To resolve that I think you can use a state management solution like, for instance, ChangeNotifier:

class DynamicColorNotifier extends ChangeNotifier {
  DynamicColorNotifier();

  ColorScheme? darkColorScheme;
  ColorScheme? lightColorScheme;

  bool get isDynamicColorSupported => darkColorScheme != null && lightColorScheme != null;

  Future<void> initialize() async {
    final corePalette = await DynamicColorPlugin.getCorePalette();

    if (corePalette == null) return; // Not supported

    darkColorScheme = corePalette.toColorScheme(brightness: Brightness.dark);
    lightColorScheme = corePalette.toColorScheme(brightness: Brightness.light); 
  }
}

at the startup:

late DynamicColorNotifier dynamicColorNotifier;

Future<void> main() async {
  WidgetsFlutterBinding.ensureInitialized();

  dynamicColorNotifier = DynamicColorNotifier();
  await dynamicColorNotifier.initialize();

  // wherever you control you theme you can now access synchronously:
  // dynamicColorNotifier.isDynamicColorSupported
  // dynamicColorNotifier.darkColorScheme
  // dynamicColorNotifier.lightColorScheme

  runApp(YourApp());
}

As such, it'd be nice to have a quick method to call whenever the user open settings, just to check whether dynamic colors are supported, and show the option based on that.
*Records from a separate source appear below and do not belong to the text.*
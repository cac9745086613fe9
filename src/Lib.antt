-- ===== src/Lib.antt =====
-- Verification of avella, a daemon that watches directories and applies rules to the files that
-- appear in them.
--
-- The program and its model:
--   config/config.go reads, expands and validates the configuration: Config (the types, TypeName),
--     Config/Expand (expandPaths, Load), Config/Validate (Validate and its helpers), with the
--     specification of a valid configuration in Config/Validate/Spec.
--   internal/pathutil/pathutil.go: PathUtil (ExpandHome).
--   template/: Template (template.go) and Template/FileType (filetype.go).
--   actions/: Actions (FromConfig, String, Describe), Actions/Move (MoveAction.Execute, copyFile),
--     Actions/Upload (scp.go), Actions/ValidateZip (validate_zip.go), and Actions/Execute (exec.go,
--     notify.go, and the `Runner` that all of them make, which the engine runs).
--   ssh/pool.go: SshPool (Pool).
--   rules/match.go: Rules/Match (Matches). rules/engine.go: Rules/Engine (the types, SetDryRun),
--     Rules/Engine/Compile (NewEngine), Rules/Engine/Process (ShouldIgnore, Process, runHooks),
--     Rules/Engine/Process/Announce (logDryRun), Rules/Engine/Process/Stepwise (Process again, one
--     call of Execute at a time). Rules/Engine/Compile/Order has the ignore rules as a quotient, since
--     their map has no order.
--   stabilizer/stabilizer.go: Stabilizer (ShouldSkip, WaitStable).
--   sweep.go: Daemon/Tracker (processTracker). Its Reset is called `clear`.
--   main.go: Daemon/Main (main, with logging.go), Daemon/Runtime (runtimeState, handlePath),
--     Daemon/Runtime/Reload (reloadConfig), Daemon/Sweep (processExistingFiles, runOnce,
--     addRecentFromResult, ruleInfoFromConfig), Daemon/Loop (runDaemon), Daemon/Reloader
--     (startConfigReloader, watchConfigFile). newSSH is in Rules/Engine/Compile.
--     Daemon/Runtime/Reload/Notice has what a reload tells the user. Five files put the parts
--     together: Daemon/Locked has the lock of runtimeState, under which Process is executed action by
--     action, Daemon/Handling has handlePath among the other goroutines, Daemon/Pipeline
--     runDaemon with the watcher that feeds it, Daemon/Pools the runtime state with the SSH pools up
--     to their Close, and Daemon/Lifetime the process up to the end of Run.
--   watcher/watcher.go: Watcher (New, Start).
--   ui/ui.go and ui/socket.go: Ui (SocketUI, each call as one step, and handleClient), Ui/Threads (its
--     goroutines), Ui/Wire (the JSON lines), Ui/Interface (UI, with NoopUI and SocketUI behind
--     it), and Ui/Server (Run, removeStaleSocket, the end of the socket's file).
-- main loads the configuration, compiles it into an engine, and starts the tray's server with the
-- daemon. The watcher, and sweeps, give paths to handlePath, which filters a path, asks the
-- tracker, and lets the engine process the file by its actions; the reloader replaces the engine;
-- the tray's socket shows the state and toggles dry-run.
--
-- Goroutines are step relations: Watcher, Daemon/Reloader, Daemon/Runtime/Reload, Daemon/Locked, Daemon/Handling,
-- Daemon/Pipeline, Daemon/Pools, Daemon/Lifetime and Ui/Threads, whose steps come in any order.
--
-- Conventions: a Go string is the list of its bytes (Common/Text), an `int64` a signed integer with
-- its wrap-around written out (Common/Int), a map an association list in the order in which a range
-- over it goes (Common/Dict), a nil pointer `none`, an error a constructor. A function that reads the
-- clock or a context in a loop takes a family of moments, one for each round. Shared SSH pools stand
-- by identity. A write to a connection succeeds or fails as an argument says.
--
-- Parameters: `Std` (Go) has the engines of Go's standard library that the program only consults:
-- regexp, glob patterns, durations, time formats, text/template, Unicode case. `Runner`
-- (Rules/Engine) is the world that actions change, with os.Stat and each Execute. `Files`
-- (Actions/Move) has the calls of a move, with what they do to the contents of files in
-- `IsLawful`. `Remote` (Actions/Upload) has those of an SFTP session with `IsFaithful`, `Archive`
-- what package archive/zip finds in a file, `Host` (Actions/Execute) all of these and the programs
-- that are run, and `Network` (SshPool) what the network and the agent answer to one call, as
-- `Answers` (Ui/Server) does for Run. `Json` (Ui/Wire) is package encoding/json, and the lines
-- that bufio.Scanner reads from a connection are an argument of handleClient. Decoding the
-- configuration file is an argument of `load`.
--
-- Bounds: no definition takes fuel. WaitStable runs over the finite list of the polls that it makes,
-- and its liveness says which lists make it return.
--
-- Not modelled: the parsing of the command line and the calls of osascript and open (libraries and
-- programs that the source calls), signals (a run's `cancelled` input), the permissions of the socket
-- of ui/socket.go, whose failure is only logged, log lines but those of a dry run (I/O only), and
-- tray/ (another program).
pub mod Common
pub mod Go
pub mod PathUtil
pub mod Template
pub mod Config
pub mod Actions
pub mod Rules
pub mod Daemon
pub mod Stabilizer
pub mod Watcher
pub mod SshPool
pub mod Ui
mod Tests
This should be possible using the above naive solution as base since you can now access synchronously your notifier instance.

As far as I understand, calling DynamicColorPlugin.getCorePalette not only checks for platform support, but also generates a color palette every time it's called if the platform is supported, right? It doesn't seem very efficient to generate this each time a user opens settings.

That's right but I don't see any problem calling this often because the only async work is to call the native plugin. The palette generation is just a bunch of integers, multiplications and ephemeral object allocation. It's even more performance-friendly when you wrap it inside a class of yours that will run only at startup or whenever the device theme config changes.

It'd be nice to have a method (ideally synchronous) that would only check without generating anything.

I would agree, but not in the plugin class, it should only contain code to call the native implementation. The real problem we are facing is: where and when we call these async methods considering the app life-cycle? For that, the plugin could export a class that is be reactive and has a "init" and "dispose" functions to manage it.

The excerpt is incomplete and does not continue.